May 02, 2007
THE kidney could hardly be considered a properly functioning one - it came from a patient who had tested positive for hepatitisB.
And yet, urologist Makoto Mannami had it transplanted into one of his patients.
The man who received the kidney at Uwajima Municipal Hospital in Uwajima, Ehime Prefecture, Japan, later became infected with the virus, reported Japan's Yomiuri Shimbun.
As a result, he died of liver failure and acute pancreatitis, the hospital's inspection committee announced on Sunday.
The committee had been investigating a series of questionable transplants conducted by Dr Mannami since the 1990s, reported The Japan Times.
According to a report released by the panel, the man was one of two recipients of the kidneys taken from a woman who had tested positive for hepatitis B in December 2000.
The male recipient died about five months after the transplant. The other recipient has not been infected with the virus so far and is still alive, the panel said.

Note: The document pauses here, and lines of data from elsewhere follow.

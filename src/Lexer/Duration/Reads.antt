-- ===== src/Lexer/Duration/Reads.antt =====
-- impl/lnpl/lexer.py: which tokens are durations, and what they are worth.
use mathlib.Core.Option
use linkly.Base.{
  ℕ, ◌*◌, ◌≤◌, ◌≡◌, ◌↔◌, refl, sym, ap, ◌∙◌, inl, inr, true, false, Option, none, some, List, [],
  ◌∷◌, ◌++◌, arith, ltb, if◌then◌else◌, Bool-cases, Option-cases, all, append-nil,
}
use linkly.Base.Result.{Result, ok, err}
use linkly.Base.Text.{
  Text, codes, all_digits, is_digit, int_of, cut_suffix, same_text, same_text→eq,
}
use linkly.Lexer.Words.{int64_max}
use linkly.Lexer.Duration.{
  DurationUnit, millis, secs, mins, hours, days, unit_text, unit_ms, duration_scan, unit_head,
  is_duration_in, is_duration, DurationError, overflow, duration_in, duration_ms_or_none,
}

-- Digits do not end a suffix that begins with another character.
cut_suffix-digits :
    (x : ℕ) (u head t : Text)
    → is_digit x ≡ false
    → all is_digit head ≡ true
    → cut_suffix (x ∷ u) (head ++ t) ≡ Option.map (λ (w : Text). head ++ w) (cut_suffix (x ∷ u) t)
unfolding cut_suffix is_digit
cut_suffix-digits x u [] t nx hs = ground arith
cut_suffix-digits x u (c ∷ head) t nx hs = ground (arith, cut_suffix-digits x u head t)

-- What cut_suffix finds is a suffix.
pub cut_suffix→eq : (u t : Text) {head : Text} → cut_suffix u t ≡ some head → t ≡ head ++ u
unfolding cut_suffix
cut_suffix→eq u [] e = ground (arith, same_text→eq [] u)
cut_suffix→eq u (c ∷ t) {head} e = elim (Bool-cases (same_text (c ∷ t) u)) [
  | inl here ↦ ground (arith, same_text→eq (c ∷ t) u)
  | inr there ↦
      let (w, found, whole) = (Option.map-eq-some_iff _ _).0 (rw (there, cut_suffix) at e) in
      rw (← whole) (ap (λ (r : Text). c ∷ r) (cut_suffix→eq u t found))
]

digits-all : (head : Text) → all_digits head ≡ true → all is_digit head ≡ true
unfolding all_digits
digits-all [] e = refl
digits-all (c ∷ head) e = e

-- What a unit test reads off digits and a rest that it can see through.
after_digits : DurationUnit → Text → Text → Option Text
unfolding unit_head
after_digits v head t = elim (cut_suffix (unit_text v) t) [
  | none ↦ none
  | some w ↦ if all_digits (head ++ w) then some (head ++ w) else none
]

join_found :
    (head : Text) (o : Option Text)
    → ◌≡◌ {A = Option Text}
        (elim (Option.map (λ (w : Text). head ++ w) o) [
          | none ↦ none
          | some w ↦ if all_digits w then some w else none
        ])
        (elim o [
          | none ↦ none
          | some w ↦ if all_digits (head ++ w) then some (head ++ w) else none
        ])
join_found head none = refl
join_found head (some w) = refl

unit_head-digits :
    (v : DurationUnit) (head t : Text)
    → all is_digit head ≡ true
    → unit_head (head ++ t) v ≡ after_digits v head t
unfolding after_digits is_digit
unit_head-digits millis head t h =
    rw (cut_suffix-digits b'm' (codes "s") head t refl h, unit_head) (join_found head _)
unit_head-digits secs head t h =
    rw (cut_suffix-digits b's' [] head t refl h, unit_head) (join_found head _)
unit_head-digits mins head t h =
    rw (cut_suffix-digits b'm' [] head t refl h, unit_head) (join_found head _)
unit_head-digits hours head t h =
    rw (cut_suffix-digits b'h' [] head t refl h, unit_head) (join_found head _)
unit_head-digits days head t h =
    rw (cut_suffix-digits b'd' [] head t refl h, unit_head) (join_found head _)

-- The outcome for a count of units.
abbrev pub count_of_units : DurationUnit → ℕ → Result DurationError (Option ℕ)
count_of_units u n =
    if ltb int64_max (n * unit_ms u) then err overflow else ok (some (n * unit_ms u))

duration_in-hit :
    (u : DurationUnit) (us : List DurationUnit) (tok : Text) {head : Text}
    → unit_head tok u ≡ some head
    → duration_in (u ∷ us) tok ≡ count_of_units u (int_of head)
unfolding duration_in
duration_in-hit u us tok e = rw (e, duration_in)

duration_in-miss :
    (u : DurationUnit) (us : List DurationUnit) (tok : Text)
    → unit_head tok u ≡ none
    → duration_in (u ∷ us) tok ≡ duration_in us tok
unfolding duration_in
duration_in-miss u us tok e = rw (e, duration_in)

module _ (head : Text) (numeric : all_digits head ≡ true) where
  unit_head_self : (u : DurationUnit) → unit_head (head ++ unit_text u) u ≡ some head
  unfolding after_digits cut_suffix
  unit_head_self millis =
      rw (unit_head-digits millis head (codes "ms") (digits-all head numeric), append-nil, numeric)
  unit_head_self secs =
      rw (unit_head-digits secs head (codes "s") (digits-all head numeric), append-nil, numeric)
  unit_head_self mins =
      rw (unit_head-digits mins head (codes "m") (digits-all head numeric), append-nil, numeric)
  unit_head_self hours =
      rw (unit_head-digits hours head (codes "h") (digits-all head numeric), append-nil, numeric)
  unit_head_self days =
      rw (unit_head-digits days head (codes "d") (digits-all head numeric), append-nil, numeric)

  miss :
      (v u : DurationUnit)
      → cut_suffix (unit_text v) (unit_text u) ≡ none
      → unit_head (head ++ unit_text u) v ≡ none
  unfolding after_digits
  miss v u e =
      unit_head-digits v head (unit_text u) (digits-all head numeric) ∙ rw (e, after_digits)

  -- Digits followed by a unit are that many units, or the overflow.
  pub duration_ms_or_none-digits :
      (u : DurationUnit)
      → duration_ms_or_none (head ++ unit_text u) ≡ count_of_units u (int_of head)
  unfolding duration_ms_or_none cut_suffix
  duration_ms_or_none-digits millis = duration_in-hit millis _ _ (unit_head_self millis)
  duration_ms_or_none-digits secs =
      duration_in-miss millis _ _ (miss millis secs refl)
      ∙ duration_in-hit secs _ _ (unit_head_self secs)
  duration_ms_or_none-digits mins =
      duration_in-miss millis _ _ (miss millis mins refl)
      ∙ duration_in-miss secs _ _ (miss secs mins refl)
      ∙ duration_in-hit mins _ _ (unit_head_self mins)
  duration_ms_or_none-digits hours =
      duration_in-miss millis _ _ (miss millis hours refl)
      ∙ duration_in-miss secs _ _ (miss secs hours refl)
      ∙ duration_in-miss mins _ _ (miss mins hours refl)
      ∙ duration_in-hit hours _ _ (unit_head_self hours)
  duration_ms_or_none-digits days =
      duration_in-miss millis _ _ (miss millis days refl)
      ∙ duration_in-miss secs _ _ (miss secs days refl)
      ∙ duration_in-miss mins _ _ (miss mins days refl)
      ∙ duration_in-miss hours _ _ (miss hours days refl)
      ∙ duration_in-hit days _ _ (unit_head_self days)

-- A unit test that succeeds has read digits and the unit.
unit_head→eq :
    (u : DurationUnit) (tok : Text) {head : Text}
    → unit_head tok u ≡ some head
    → (tok ≡ head ++ unit_text u) × (all_digits head ≡ true)
unfolding unit_head
unit_head→eq u tok {head} e = elim (Option-cases (cut_suffix (unit_text u) tok)) [
  | inl missed ↦ ground arith
  | inr (w, found) ↦ ground (arith, cut_suffix→eq (unit_text u) tok found)
]

-- `tok` is digits and a unit that are worth `n` milliseconds.
pub record IsWorth (tok : Text) (n : ℕ) : Type 0 where
  pub digits : Text
  pub unit : DurationUnit
  pub spelled : tok ≡ digits ++ unit_text unit
  pub numeric : all_digits digits ≡ true
  pub value : n ≡ int_of digits * unit_ms unit

duration_in_sound :
    (us : List DurationUnit) (tok : Text) (n : ℕ)
    → duration_in us tok ≡ ok (some n)
    → IsWorth tok n × (n ≤ int64_max)
duration_in_sound [] tok n e = unfold duration_in in cc e
duration_in_sound (u ∷ us) tok n e = elim (Option-cases (unit_head tok u)) [
  | inl missed ↦ duration_in_sound us tok n (sym (duration_in-miss u us tok missed) ∙ e)
  | inr (head, found) ↦
      let (spelled, numeric) = unit_head→eq u tok found in
      let counted = sym (duration_in-hit u us tok found) ∙ e in
      (
        record {
          digits = head;
          unit = u;
          spelled = spelled;
          numeric = numeric;
          value = ground (arith, counted);
        },
        ground (arith, counted),
      )
]

-- A token has a duration exactly when it is digits and a unit, worth at most 2^63 - 1 ms; the
-- duration is then their product.
pub duration_ms_or_none-eq-some_iff :
    (tok : Text) (n : ℕ)
    → (duration_ms_or_none tok ≡ ok (some n)) ↔ (IsWorth tok n × (n ≤ int64_max))
unfolding duration_ms_or_none
duration_ms_or_none-eq-some_iff tok n = (
  duration_in_sound duration_scan tok n,
  λ (w, fits).
      rw w.spelled (duration_ms_or_none-digits w.digits w.numeric w.unit ∙ ground (arith, w.value)),
)

is_duration_in_iff :
    (us : List DurationUnit) (tok : Text)
    → (is_duration_in us tok ≡ false) ↔ (duration_in us tok ≡ ok none)
unfolding is_duration_in duration_in
is_duration_in_iff [] tok = (λ _. refl, λ _. refl)
is_duration_in_iff (u ∷ us) tok = ground (arith, is_duration_in_iff us tok)

-- `is_duration` says yes exactly where `duration_ms_or_none` returns a value or overflows.
pub is_duration_iff : (tok : Text) → (is_duration tok ≡ false) ↔ (duration_ms_or_none tok ≡ ok none)
unfolding is_duration duration_ms_or_none
is_duration_iff tok = is_duration_in_iff duration_scan tok

unit_head-not_digit :
    (u : DurationUnit) (c : ℕ) (t : Text) → is_digit c ≡ false → unit_head (c ∷ t) u ≡ none
unfolding all_digits
unit_head-not_digit u c t other = elim (Option-cases (unit_head (c ∷ t) u)) [
  | inl missed ↦ missed
  | inr (head, found) ↦
      let (spelled, numeric) = unit_head→eq u (c ∷ t) found in
      absurd (starts_digit head spelled numeric)
]
  where
    starts_digit : (head : Text) → c ∷ t ≡ head ++ unit_text u → all_digits head ≡ true → ⊥
    starts_digit [] spelled numeric = cc numeric
    starts_digit (e ∷ head) spelled numeric = ground arith

duration_in-not_digit :
    (us : List DurationUnit) (c : ℕ) (t : Text)
    → is_digit c ≡ false
    → duration_in us (c ∷ t) ≡ ok none
duration_in-not_digit [] c t other = unfold duration_in in refl
duration_in-not_digit (u ∷ us) c t other =
    duration_in-miss u us (c ∷ t) (unit_head-not_digit u c t other)
    ∙ duration_in-not_digit us c t other

-- A token that does not begin with a digit is no duration.
pub duration-not_digit :
    (c : ℕ) (t : Text) → is_digit c ≡ false → duration_ms_or_none (c ∷ t) ≡ ok none
unfolding duration_ms_or_none
duration-not_digit c t other = duration_in-not_digit duration_scan c t other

The deceased man tested negative for the virus before the transplant but was found to be positive shortly before his death, it said.
HARSH WORDS
Committee chairman Katashi Fukao, strongly criticised the transplants.
Said Mr Fukao: 'It was highly likely that the recipient got infected (with the hepatitis B virus) through the transplant.
'The transplant was fundamentally reckless and cannot be regarded as treatment.'
The report also concluded that all 20 cases in which diseased kidneys were removed for transplant by Dr Mannami, and 25 cases in which diseased kidneys were transplanted, were inappropriate.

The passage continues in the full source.